WHAT YOU NEED TO DO -
Beginning with the line where "let locked = thread_lock m in" appears, restate the lines word for word through the last one in the listing.

================================

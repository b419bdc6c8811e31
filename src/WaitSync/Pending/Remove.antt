-- ===== src/WaitSync/Pending/Remove.antt =====
-- The trimming takes one structure off the ring, wherever it stands, and hands the duty of making
-- progress to the next one if it was the first.
use mathlib.Core.List.{append-nil}
use libult.Base.{
  ◌≡◌, ◌∙◌, ap, refl, Ptr, null, true, false, List, [], ◌∷◌, ◌++◌, arith, ◌==◌, update, ◌∈◌, ◌∉◌,
  IsDistinct, last, last-mem, Disjoint, IsDistinct-split, IsDistinct-append, has-append, Bool-cases,
  inl, inr,
}
use libult.WaitSync.State.{
  Mem, Event, mutex_lock, mutex_unlock, cond_signal, list_lock, list_unlock, pass_ownership,
  thread_lock, thread_unlock,
}
use libult.WaitSync.Pending.{unlink, pass_duties, trim_locked}
use libult.WaitSync.Pending.Chain.{
  Chain, Chain-append, Chain-split, Chain-prev_end, Chain-frame, Chain-relink,
}
use libult.WaitSync.Pending.Ring.{IsRing, IsRing-fields}

-- The memory after the two writes that lead past a node between `l` and `t`.
abbrev unlinked : (l t : Ptr) → Mem → Mem
unlinked l t m = record m { next = update m.next l t; prev = update m.prev t l }

unlink-eq :
    (sync l t : Ptr) (m : Mem) → m.prev sync ≡ l → m.next sync ≡ t → unlink sync m ≡ unlinked l t m
unfolding unlink
unlink-eq sync l t m p q = elim (Bool-cases (l == sync)) [
  | inl e ↦ rw (p, q, e)
  | inr e ↦ rw (p, q, e)
]

-- The three outcomes of passing the duties on.
module _ (sync : Ptr) (m : Mem) where
  pass_duties_other : (sync == m.list) ≡ false → pass_duties sync m ≡ m
  unfolding pass_duties
  pass_duties_other e = rw e

  pass_duties_alone :
      (sync == m.list) ≡ true
      → (sync == m.next sync) ≡ true
      → pass_duties sync m ≡ record m { list = null }
  unfolding pass_duties
  pass_duties_alone e f = rw (e, f)

  pass_duties_next :
      (t : Ptr)
      → (sync == m.list) ≡ true
      → m.next sync ≡ t
      → (sync == t) ≡ false
      → (t == null) ≡ false
      → pass_duties sync m
        ≡ record m { list = t; trace = mutex_unlock t ∷ cond_signal t ∷ mutex_lock t ∷ m.trace }
  unfolding pass_duties pass_ownership
  pass_duties_next t e f g h = rw (e, f, g, h)

-- Where the node at the end of one chain heads another, leading past it joins the two.
Chain-unlink :
    (n v : Ptr → Ptr) (p b s : Ptr) (xs ys : List Ptr)
    → Chain n v p xs s
    → Chain n v s ys b
    → IsDistinct (p ∷ xs)
    → IsDistinct ys
    → Disjoint (p ∷ xs) ys
    → b ∉ xs
    → b ∉ ys
    → Chain (update n (last p xs) (n s)) (update v (n s) (last p xs)) p (xs ++ ys) b
Chain-unlink n v p b s xs [] c (e, f) d d' apart bx by =
    rw (append-nil xs, e) (Chain-relink n v p s b xs c d bx)
Chain-unlink n v p b s xs (y ∷ ys) c (e, f, k) d d' apart bx by = rw e (
    Chain-append _ _ p b y xs ys
      (Chain-relink n v p s y xs c d (ground (arith, not_mem_of_apart y)))
      (Chain-frame n v _ _ y b ys k
        (λ q h. ground (arith, last-mem p xs, apart (last p xs), apart q)) (λ q h. ground arith)))
  where
    not_mem_of_apart : (q : Ptr) → q ∈ y ∷ ys → q ∉ xs
    not_mem_of_apart q h = ground (arith, apart q)

-- What the trimming reports to the backend about its neighbour: the next structure is signalled,
-- under its lock, if the one that leaves was the first.
abbrev pub handover : (before after : List Ptr) → List Event → List Event
handover [] [] tr = tr
handover [] (t ∷ _) tr = mutex_unlock t ∷ cond_signal t ∷ mutex_lock t ∷ tr
handover (_ ∷ _) after tr = tr

-- The state after the trimming.
pub record Trimmed (m m' : Mem) (xs ys : List Ptr) : Type 0 where
  pub ring : IsRing m' (xs ++ ys)
  pub trace : m'.trace ≡ handover xs ys m.trace
  pub count : m'.count ≡ m.count
  pub status : m'.status ≡ m.status
  pub signaling : m'.signaling ≡ m.signaling
  pub uses_threads : m'.uses_threads ≡ m.uses_threads

-- Taking one out keeps the others distinct, and none of them `NULL`.
IsDistinct-out :
    (xs : List Ptr) (s : Ptr) (ys : List Ptr) → IsDistinct (xs ++ s ∷ ys) → IsDistinct (xs ++ ys)
IsDistinct-out xs s ys d =
    let (l, r, apart) = IsDistinct-split xs (s ∷ ys) d in
    IsDistinct-append xs ys l r.1 (λ q h. ground (arith, apart q h))

not_mem_out : (q : Ptr) (xs : List Ptr) (s : Ptr) (ys : List Ptr) → q ∉ xs ++ s ∷ ys → q ∉ xs ++ ys
not_mem_out q xs s ys h = ground (arith, has-append q xs (s ∷ ys), has-append q xs ys)

-- A structure behind the first one.
Trimmed-later :
    (s a : Ptr) (ws bs : List Ptr) (m : Mem)
    → IsRing m (a ∷ ws ++ s ∷ bs)
    → Trimmed m (pass_duties s (unlink s m)) (a ∷ ws) bs
Trimmed-later s a ws bs m (e, c, d, nn) =
    let (c₁, c₂) = Chain-split m.next m.prev a a s ws bs c in
    let (d₁, d₂, apart) = IsDistinct-split (a ∷ ws) (s ∷ bs) d in
    let chain =
      Chain-unlink m.next m.prev a a s ws bs c₁ c₂ d₁ d₂.1 (λ q h. ground (arith, apart q h)) d₁.0
        (ground (arith, apart a)) in
    let after = unlinked (last a ws) (m.next s) m in
    rw
      (
        unlink-eq s (last a ws) (m.next s) m (Chain-prev_end m.next m.prev a s ws c₁) refl,
        pass_duties_other s after (ground (arith, apart a)),
      )
      (record {
        ring = (e, chain, IsDistinct-out (a ∷ ws) s bs d, not_mem_out null (a ∷ ws) s bs nn);
        trace = refl;
        count = refl;
        status = refl;
        signaling = refl;
        uses_threads = refl;
      })

-- The first one, alone or with others behind it.
Trimmed-first :
    (s : Ptr) (bs : List Ptr) (m : Mem)
    → IsRing m (s ∷ bs)
    → Trimmed m (pass_duties s (unlink s m)) [] bs
Trimmed-first s [] m (e, (n, v), d, nn) =
    rw (unlink-eq s s s m v n, pass_duties_alone s (unlinked s s m) (ground arith) (ground arith))
      (record {
        ring = refl;
        trace = refl;
        count = refl;
        status = refl;
        signaling = refl;
        uses_threads = refl;
      })
Trimmed-first s (x ∷ xs) m (e, (n, v, c), d, nn) =
    rw
      (
        unlink-eq s (last x xs) x m (Chain-prev_end m.next m.prev x s xs c) n,
        pass_duties_next s (unlinked (last x xs) x m) x (ground arith) (ground arith) (ground arith)
            (ground arith),
      )
      (record {
        ring = (refl, Chain-relink m.next m.prev x s x xs c d.1 d.1.0, d.1, ground arith);
        trace = refl;
        count = refl;
        status = refl;
        signaling = refl;
        uses_threads = refl;
      })

pub pass_duties-Trimmed :
    (s : Ptr) (xs ys : List Ptr) (m : Mem)
    → IsRing m (xs ++ s ∷ ys)
    → Trimmed m (pass_duties s (unlink s m)) xs ys
pass_duties-Trimmed s [] ys m r = Trimmed-first s ys m r
pass_duties-Trimmed s (a ∷ xs) ys m r = Trimmed-later s a xs ys m r

thread_lock-trace : (m : Mem) → m.uses_threads ≡ true → (thread_lock m).trace ≡ list_lock ∷ m.trace
unfolding thread_lock
thread_lock-trace m e = rw e

thread_unlock-trace :
    (m : Mem) → m.uses_threads ≡ true → (thread_unlock m).trace ≡ list_unlock ∷ m.trace
unfolding thread_unlock
thread_unlock-trace m e = rw e

-- When the wait for a structure is over, `ompi_sync_wait_mt` takes exactly that one off the ring,
-- wherever it stands, and keeps the order of the others. If it was the first and others remain,
-- the next one is signalled under its own lock; otherwise nobody is. All of it happens between a
-- lock and an unlock of `wait_sync_lock` in threaded mode, and no count or state changes.
pub trim_locked-IsRing :
    (s : Ptr) (xs ys : List Ptr) (m : Mem)
    → IsRing m (xs ++ s ∷ ys)
    → m.uses_threads ≡ true
    → IsRing (trim_locked s m) (xs ++ ys)
      × ((trim_locked s m).trace ≡ list_unlock ∷ handover xs ys (list_lock ∷ m.trace))
      × ((trim_locked s m).count ≡ m.count)
      × ((trim_locked s m).status ≡ m.status)
      × ((trim_locked s m).signaling ≡ m.signaling)
unfolding trim_locked thread_lock thread_unlock
trim_locked-IsRing s xs ys m r mt =
    let locked = thread_lock m in
    let t =
      pass_duties-Trimmed s xs ys locked (IsRing-fields m locked (xs ++ s ∷ ys) refl refl refl r) in
    (
      IsRing-fields (pass_duties s (unlink s locked)) (trim_locked s m) (xs ++ ys) refl refl refl
          t.ring,
      thread_unlock-trace (pass_duties s (unlink s locked)) (t.uses_threads ∙ mt)
          ∙ ap (λ tr. list_unlock ∷ tr) (t.trace ∙ ap (handover xs ys) (thread_lock-trace m mt)),
      t.count,
      t.status,
      t.signaling,
    )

================================

ANSWER SECTION -
    let locked = thread_lock m in
    let t =
      pass_duties-Trimmed s xs ys locked (IsRing-fields m locked (xs ++ s ∷ ys) refl refl refl r) in
    (
      IsRing-fields (pass_duties s (unlink s locked)) (trim_locked s m) (xs ++ ys) refl refl refl
          t.ring,
      thread_unlock-trace (pass_duties s (unlink s locked)) (t.uses_threads ∙ mt)
          ∙ ap (λ tr. list_unlock ∷ tr) (t.trace ∙ ap (handover xs ys) (thread_lock-trace m mt)),
      t.count,
      t.status,
      t.signaling,
    )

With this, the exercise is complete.